You satisfy all the basic conditions and the significant individual test, accordingly, you satisfy all the necessary conditions to be eligible to apply the retirement exemption.

The individual holds and will continue to hold, a 100% interest in the entity. They will therefore have a qualifying small business participation percentage (SBPP) and will be a significant individual just before the CGT event. They will be a CGT Concession Stakeholder at the time of the CGT Event.

You will be entitled to access the small business retirement exemption. The individual will be over 55 years of age at the time a qualifying payment is made, there will be no requirement for the payment (which must be made within the prescribed time limits) to be directed into a complying superannuation fund.

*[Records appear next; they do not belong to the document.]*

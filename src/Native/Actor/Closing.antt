-- ===== src/Native/Actor/Closing.antt =====
-- What `shutdown` and the end of a game leave of the session, and that a closed session is quiet.
use lobbylink.Base.{
  ℕ, ◌≡◌, refl, ◌∙◌, Bool, true, false, ◌||◌, List, [], ◌∷◌, none, some, ◌==◌, if◌then◌else◌, arith,
  Bool-cases, Option-cases, inl, inr, lookup_cases,
}
use lobbylink.Base.Map
use lobbylink.Base.Map.{HashMap}
use lobbylink.Native.Actor.{Shared, Actor, Peer, Output, close_connection, contains}
use lobbylink.Native.Actor.Peers.{drop_peer, close_peer, close_peers, teardown_peers}
use lobbylink.Native.Actor.Loop.{shutdown}
use lobbylink.Native.Actor.Invariant.Linked.{get-close_peer}

get-close_peers :
    (ids : List ℕ) (a : Actor) (j : ℕ)
    → Map.get (close_peers ids a).peers j ≡ (if contains ids j then none else Map.get a.peers j)
unfolding close_peers contains
get-close_peers [] a j = refl
get-close_peers (id ∷ ids) a j =
    get-close_peers ids (close_peer a id) j ∙ ground (arith, get-close_peer a id j)

contains-keys :
    (m : HashMap Peer) (j : ℕ) (peer : Peer)
    → Map.get m j ≡ some peer
    → contains (Map.keys m) j ≡ true
unfolding contains Map.keys Map.get
contains-keys [] j peer h = cc
contains-keys ((k, p) ∷ m) j peer h = ground (arith, contains-keys m j peer)

no_peer : (a : Actor) (j : ℕ) → Map.get (close_peers (Map.keys a.peers) a).peers j ≡ none
no_peer a j =
    let left = get-close_peers (Map.keys a.peers) a j in
    elim (Option-cases (Map.get a.peers j)) [
      | inl out ↦ ground (arith, left)
      | inr (peer, there) ↦ ground (arith, left, contains-keys a.peers j peer there)
    ]

-- The connection with that epoch was told to close.
unfoldable pub closes : ℕ → List Output → Bool
closes epoch [] = false
closes epoch (close_connection e ∷ log) = e == epoch || closes epoch log
closes epoch (o ∷ log) = closes epoch log

-- The link is closed, and so is its connection.
abbrev pub IsEnded : Actor → ℕ → Type 0
IsEnded a epoch = (contains a.closed_links epoch ≡ true) × (closes epoch a.log ≡ true)

IsEnded-keeps : (a : Actor) (k e : ℕ) → IsEnded a e → IsEnded (close_peer a k) e
unfolding close_peer drop_peer contains closes
IsEnded-keeps a k e h =
    lookup_cases (λ b. IsEnded b e) (Map.get a.peers k) a (drop_peer a k) (λ _. h)
      (λ peer _. (ground (arith, h.0), ground (arith, h.1)))

close_peer-IsEnded :
    (a : Actor) (k : ℕ) (peer : Peer)
    → Map.get a.peers k ≡ some peer
    → IsEnded (close_peer a k) peer.link.epoch
unfolding close_peer drop_peer contains closes
close_peer-IsEnded a k peer h = (ground (arith, h), ground (arith, h))

close_peers-IsEnded :
    (ids : List ℕ) (a : Actor) (e : ℕ) → IsEnded a e → IsEnded (close_peers ids a) e
unfolding close_peers
close_peers-IsEnded [] a e h = h
close_peers-IsEnded (id ∷ ids) a e h =
    close_peers-IsEnded ids (close_peer a id) e (IsEnded-keeps a id e h)

close_peers-closed :
    (ids : List ℕ) (a : Actor) → a.closed ≡ true → (close_peers ids a).closed ≡ true
unfolding close_peers close_peer drop_peer
close_peers-closed [] a h = h
close_peers-closed (id ∷ ids) a h = close_peers-closed ids (close_peer a id) (
    lookup_cases (λ b. Actor.closed b ≡ true) (Map.get a.peers id) a (drop_peer a id) (λ _. h)
      (λ _ _. h))

close_peers-shared :
    (ids : List ℕ) (a : Actor) → a.shared.closed ≡ true → (close_peers ids a).shared.closed ≡ true
unfolding close_peers close_peer drop_peer
close_peers-shared [] a h = h
close_peers-shared (id ∷ ids) a h = close_peers-shared ids (close_peer a id) (
    lookup_cases (λ b. Shared.closed (Actor.shared b) ≡ true) (Map.get a.peers id) a
      (drop_peer a id) (λ _. h) (λ _ _. h))

all_closed :
    (ids : List ℕ) (a : Actor) (j : ℕ) (peer : Peer)
    → Map.get a.peers j ≡ some peer
    → contains ids j ≡ true
    → IsEnded (close_peers ids a) peer.link.epoch
unfolding close_peers contains
all_closed [] a j peer h c = cc
all_closed (id ∷ ids) a j peer h c = elim (Bool-cases (id == j)) [
  | inl same ↦
      close_peers-IsEnded ids (close_peer a id) peer.link.epoch
        (close_peer-IsEnded a id peer (ground arith))
  | inr other ↦
      all_closed ids (close_peer a id) j peer (get-close_peer a id j ∙ ground arith) (ground arith)
]

-- However a session is closed, it keeps no peer, no watch and no queue, the link of every peer that it
-- had is closed and its connection was told to close, and the API sees it closed.
pub shutdown_complete :
    (a : Actor)
    → ((j : ℕ) → Map.get (shutdown a).peers j ≡ none)
      × ((j : ℕ) (peer : Peer)
          → Map.get a.peers j ≡ some peer
          → IsEnded (shutdown a) peer.link.epoch)
      × ((shutdown a).link_watch ≡ [])
      × ((shutdown a).send_queues ≡ [])
      × ((shutdown a).closed ≡ true)
      × ((shutdown a).shared.closed ≡ true)
unfolding shutdown teardown_peers closes
shutdown_complete a = (
  λ j. no_peer _ j,
  λ j peer h. all_closed (Map.keys a.peers) _ j peer h (contains-keys a.peers j peer h),
  refl,
  refl,
  close_peers-closed (Map.keys a.peers) _ refl,
  close_peers-shared (Map.keys a.peers) _ refl,
)
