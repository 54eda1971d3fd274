-- ===== src/Room.antt =====
-- What a client promises of the room, whichever backend it has: the slots and the events that the
-- messages of the lobby mean. The children show that both backends of clients/rust/src keep to it.
pub mod Actor
pub mod Browser
pub mod Same
mod Examples
use lobbylink.Base.{
  ℕ, zero, suc, ◌+◌, ◌≡◌, refl, Bool, true, false, List, [], ◌∷◌, ◌++◌, Option, some, ◌==◌,
  if◌then◌else◌, arith, ap, ◌∙◌, get_elem?, length, Text, codes, text_eq,
}
use lobbylink.Events.{Event, PlayerLeftReason, explicit_leave, disconnected}
use lobbylink.Events as EventsOf
use lobbylink.Protocol.{
  ServerMessage, player_joined, player_left, player_rejoined, player_replaced, room_started, error,
  is_fatal_code,
}
use lobbylink.Roster.{PlayerInfo}
use lobbylink.Roster.Laws.{last_said}

-- The slot with the number `i` after a lobby message; `s` is the slot before.
unfoldable pub slot_after : ServerMessage → ℕ → PlayerInfo → PlayerInfo
slot_after (player_joined k players) i s =
    last_said i (record { id = i; occupied = false; connected = false }) players
slot_after (player_left k reason) i s =
    if k == i
    then record {
      id = s.id;
      occupied = if text_eq reason (codes "explicit-leave") then false else s.occupied;
      connected = false;
    }
    else s
slot_after (player_rejoined k was_replacement) i s =
    if k == i then record { id = s.id; occupied = true; connected = true } else s
slot_after (player_replaced k) i s =
    if k == i then record { id = s.id; occupied = true; connected = true } else s
slot_after _ i s = s

-- What is reported of a lobby message.
unfoldable pub event_of : ServerMessage → List Event
event_of (player_joined k players) = EventsOf.Event.player_joined k ∷ []
event_of (player_left k reason) =
    EventsOf.Event.player_left k
      (if text_eq reason (codes "explicit-leave") then explicit_leave else disconnected)
    ∷ []
event_of (player_rejoined k was_replacement) = EventsOf.Event.player_rejoined k was_replacement ∷ []
event_of (player_replaced k) = EventsOf.Event.player_replaced k ∷ []
event_of room_started = EventsOf.Event.started ∷ []
event_of (error code message) =
    (if is_fatal_code code
      then EventsOf.Event.signaling_closed code message
      else EventsOf.Event.lobby_error code message)
    ∷ []
event_of _ = []

-- The room as the application sees it: its slots, and what was reported, newest first.
pub record Room : Type 0 where
  pub slots : List PlayerInfo
  pub reported : List Event

-- Each slot after a message; the first one here has the number `i`.
unfoldable pub tell : ServerMessage → ℕ → List PlayerInfo → List PlayerInfo
tell msg i [] = []
tell msg i (s ∷ slots) = slot_after msg i s ∷ tell msg (suc i) slots

unfoldable pub room_step : Room → ServerMessage → Room
room_step room msg = record {
  slots = tell msg 0 room.slots;
  reported = event_of msg ++ room.reported;
}

unfoldable pub room_after : Room → List ServerMessage → Room
room_after room [] = room
room_after room (msg ∷ msgs) = room_after (room_step room msg) msgs

-- The messages of a list that has with each what is answered meanwhile.
unfoldable pub messages : {A : Type 0} → List (A × ServerMessage) → List ServerMessage
messages [] = []
messages ((answers, msg) ∷ rest) = msg ∷ messages rest

tell_from :
    (msg : ServerMessage) (k : ℕ) (slots slots' : List PlayerInfo)
    → length slots' ≡ length slots
    → ((i j : ℕ) (s : PlayerInfo)
        → j ≡ k + i
        → get_elem? slots i ≡ some s
        → get_elem? slots' i ≡ some (slot_after msg j s))
    → slots' ≡ tell msg k slots
unfolding tell
tell_from msg k [] [] size each = refl
tell_from msg k [] (s' ∷ slots') size each = absurd (omega (arith, size))
tell_from msg k (s ∷ slots) [] size each = absurd (omega (arith, size))
tell_from msg k (s ∷ slots) (s' ∷ slots') size each =
    let here : s' ≡ slot_after msg k s = cc (each 0 k s (omega arith) refl) in
    let rest : slots' ≡ tell msg (suc k) slots =
      tell_from msg (suc k) slots slots' (omega (arith, size))
        (λ i j t same h. each (suc i) j t (omega (arith, same)) h) in
    cc (here, rest)

-- The slots after a message are those that change as it says, each by itself.
pub tell_exact :
    (msg : ServerMessage) (slots slots' : List PlayerInfo)
    → length slots' ≡ length slots
    → ((i : ℕ) (s : PlayerInfo)
        → get_elem? slots i ≡ some s
        → get_elem? slots' i ≡ some (slot_after msg i s))
    → slots' ≡ tell msg 0 slots
tell_exact msg slots slots' size each =
    tell_from msg 0 slots slots' size
      (λ i j s same h. let here : j ≡ i = omega (arith, same) in rw here (each i s h))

Can the Small Business Rollover at Subdivision 152-E of the ITAA 1997 apply?

To qualify for the small business rollover, you need to satisfy the basic conditions that apply to all CGT small business concessions. To be eligible for the roll-over relief the following conditions must be met:

The taxpayer disposing the asset and acquiring a replacement asset must be a small business entity or own shares in a small business entity. (Section 152-15 of the ITAA 1997) A small business entity is one with a net asset value of $6M or less. (Section 152-15 of the ITAA 1997).

The asset disposed of must be an active asset. (Section 152-35 of the ITAA 1997) An active asset is an asset owned directly by you that is used or held ready for use in the course of carrying on a business. (Section 152-40 of the ITAA 1997). A share held in a resident company is an active asset if at least 80% of the company's assets are being used in the carrying on of a business. [Section 152-40(3)].

An active asset can also be property that is temporarily used to derive rental income prior to being used for the purpose of carrying on a business. [Section 152-40(4) of the ITAA 1997].

The asset acquired (the replacement asset) must also be an active asset passing the same tests referred to above. (Sections 152-35 & 152-40 of the ITAA 1997).

The replacement asset must be acquired within the replacement asset period, starting one year before, and ending two years after the last CGT event in the income year for which you obtain the rollover. (Section 104-185 of the ITAA 1997).

You may choose to apply the small business rollover to as much of the capital gain as you decide, as you have met all the necessary requirements.

Is the Surrender of Lease for Consideration a GST Taxable Supply?

In accordance with subsection 7-1(1) of the GST Act, GST is payable on taxable supplies.

Under section 9-5 of the GST Act, an entity makes a taxable supply if:

    • it makes a supply for consideration;

    • the supply is made in the course or furtherance of an enterprise that it carries on;

    • the supply is connected with Australia; and

    • the entity is registered, or required to be registered for GST.

The entity is making a taxable supply when it surrenders its rights to lease commercial premises from the lessor.

Consideration is defined in subsection 9-15(1) of the GST Act to include any payment, act or forbearance in connection with, in response to or for the inducement of a supply of anything. The entity is receiving a lump sum payment to vacate the premises.

You are registered for GST purposes. The surrender of the lease by you is neither a GST-free nor an input taxed supply, it is therefore taxable in nature and will be subject to GST at 10%.